All of that, however, is tangential. Even when you fix those issues, you will still have the complexity problem: SMT solvers aren't good at reasoning with quantifiers. Even though the search space isn't very big for this particular problem, the internal heuristics fail to recognize that; causing it to take too long, or loop forever. Instead, you should "expand" all the possibilities yourself and present a quantifier-free version of your problem.

Unfortunately, programming these sorts of constraints is hard to do with SMTLib, because it's really not meant for this kind of programming. Instead, I'd recommend using a higher-level API for z3 to address the problem instead. That is, use one of the z3 bindings from Python, Haskell, C, C++, Java, etc.; whichever you're more comfortable with, instead of coding this directly in SMTLib.

Below, I'll code it using SBV (the Haskell interface for z3), and also using the Python interface for z3; as those are the APIs I'm most familiar with.

Haskell

Using SBV (See http://leventerkok.github.io/sbv/ and https://hackage.haskell.org/package/sbv) and a bit of Haskell magic, you can code your problem as:

import Data.SBV

allCombs :: [a] -> [([a], [a], [a])]
allCombs []     = [([], [], [])]
allCombs (x:xs) = concat [[(x:l, m, r), (l, x:m, r), (l, m, x:r)] | (l, m, r) <- allCombs xs]

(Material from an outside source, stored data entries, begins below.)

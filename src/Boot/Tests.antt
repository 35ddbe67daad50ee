-- ===== src/Boot/Tests.antt =====
-- A start with a good battery.
use b80_key.Prelude.{◌≡◌, ◌⊎◌, refl, arith, [], true, false, pos, replicate}
use b80_key.Data.Limits.{IsValid}
use b80_key.Battery.{check_battery_level}
use b80_key.Temp.Tests.{measured}
use b80_key.App.Tests.{idle}
use b80_key.Data.Tests.{settings}
use b80_key.Eep.Tests.{nor, memory}
use b80_key.Boot.{Start, System, user_init_normal}
use b80_key.Boot.Cold.{pin_codes, user_init_normal_lem}

abbrev start : Start
start = record {
  vbat = 2900;
  adc = 21500;
  key = true;
  random = replicate 16 3;
  init_mac = λ m. m;
  overflow = 0;
}

abbrev system : System
system = record {
  settings = settings;
  mem = memory;
  battery = record { summ = 0; cnt = 0 };
  voltage = record { battery_mv = 0; battery_level = 0; flg_update = 0 };
  temperature = measured;
  temp = pos 0;
  app = idle;
}

user_init_normal_example :
    let low = (check_battery_level true 2900 (system.battery) (system.voltage)).0 in
    let b = user_init_normal nor 7 start system in
    ((low ≡ true) × (b.off ≡ true) × (b.system.mem ≡ memory) × (b.system.settings ≡ settings))
    ⊎ ((low ≡ false) × (b.off ≡ false) × IsValid b.system.settings × (pin_codes b.calls ≡ []))
user_init_normal_example = user_init_normal_lem nor 7 start system (omega arith) refl refl
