-- ===== src/Ccm.antt =====
-- The authenticated encryption that src/bthome_beacon.c calls: aes_ccm_encrypt_and_tag with no
-- additional data and a tag of four bytes, and the decryption of a receiver.
use b80_key.Prelude.{ℕ, ◌≡◌, List, Option, some, length}

pub record Ccm : Type 0 where
  -- aes_ccm_encrypt_and_tag: key, nonce, input; output and tag
  pub encrypt_and_tag : List ℕ → List ℕ → List ℕ → List ℕ × List ℕ
  -- aes_ccm_auth_decrypt: key, nonce, input, tag
  pub auth_decrypt : List ℕ → List ℕ → List ℕ → List ℕ → Option (List ℕ)
  pub length_cipher :
      (key nonce input : List ℕ) → length (encrypt_and_tag key nonce input).0 ≡ length input
  pub length_tag : (key nonce input : List ℕ) → length (encrypt_and_tag key nonce input).1 ≡ 4
  pub decrypt_encrypt :
      (key nonce input : List ℕ)
      → let (output, tag) = encrypt_and_tag key nonce input in
        auth_decrypt key nonce output tag ≡ some input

weigh :: ([SInteger], [SInteger], [SInteger]) -> SInteger
weigh (left, _, right) = sum left - sum right

pick :: IO SatResult
pick = sat $ do
        w1 <- sInteger "w1"
        w2 <- sInteger "w2"
        w3 <- sInteger "w3"
        w4 <- sInteger "w4"

        -- All weights must be positive
        constrain $ w1 .> 0
        constrain $ w2 .> 0
        constrain $ w3 .> 0
        constrain $ w4 .> 0

        -- Symmetry breaking: Order the weights. Strictly speaking this isn't
        -- necessary, but helps with presentation
        constrain $ w1 .<= w2
        constrain $ w2 .<= w3
        constrain $ w3 .<= w4

        let combs  = map weigh (allCombs [w1, w2, w3, w4])
            find g = sAny (.== literal g) combs

        constrain $ sAnd $ map find [1..40]

This essentially takes all possible orderings of the four weights into three groups: Those that are added, those that are ignored, and those that are subtracted. Then it asks the solver to find a combination that can achieve the summation for any value between 1 and 40. When I run this, I get the following answer fairly quickly:

*Main> pick
Satisfiable. Model:
  w1 =  1 :: Integer
  w2 =  3 :: Integer
  w3 =  9 :: Integer
  w4 = 27 :: Integer

And you can convince yourself that this is a good setting for the weights. (In fact, you can show that this is the only solution, by changing the call sat to allSat, and you'll see that SBV confirms this is the only solution.)

Python

The idea is similar, though Python code looks uglier (of course, this is a subjective claim!):

from z3 import *

def allCombs(lst):
    if not lst:
        yield ([], [], [])
    else:
        cur = [lst[0]]
        for (add, ign, sub) in allCombs (lst[1:]):
          yield (cur + add, ign, sub)
          yield (add, cur + ign, sub)
          yield (add, ign, cur + sub)

def weigh(comb):
    return sum(comb[0]) - sum(comb[2])

s = Solver()
w1, w2, w3, w4 = Ints('w1 w2 w3 w4')
s.add(w1 > 0)
s.add(w2 > 0)
s.add(w3 > 0)
s.add(w4 > 0)
s.add(w1 <= w2)
s.add(w2 <= w3)
s.add(w3 <= w4)

allSums = [weigh(comb) for comb in list(allCombs([w1, w2, w3, w4]))]

def constrain(goal):
    s.add(Or([goal == s for s in allSums]))

for i in range(40):
    constrain(i+1)

print(s.check())
print(s.model())

And this prints:

sat
[w1 = 1, w2 = 3, w3 = 9, w4 = 27]

This is the same solution z3 found via the SBV API.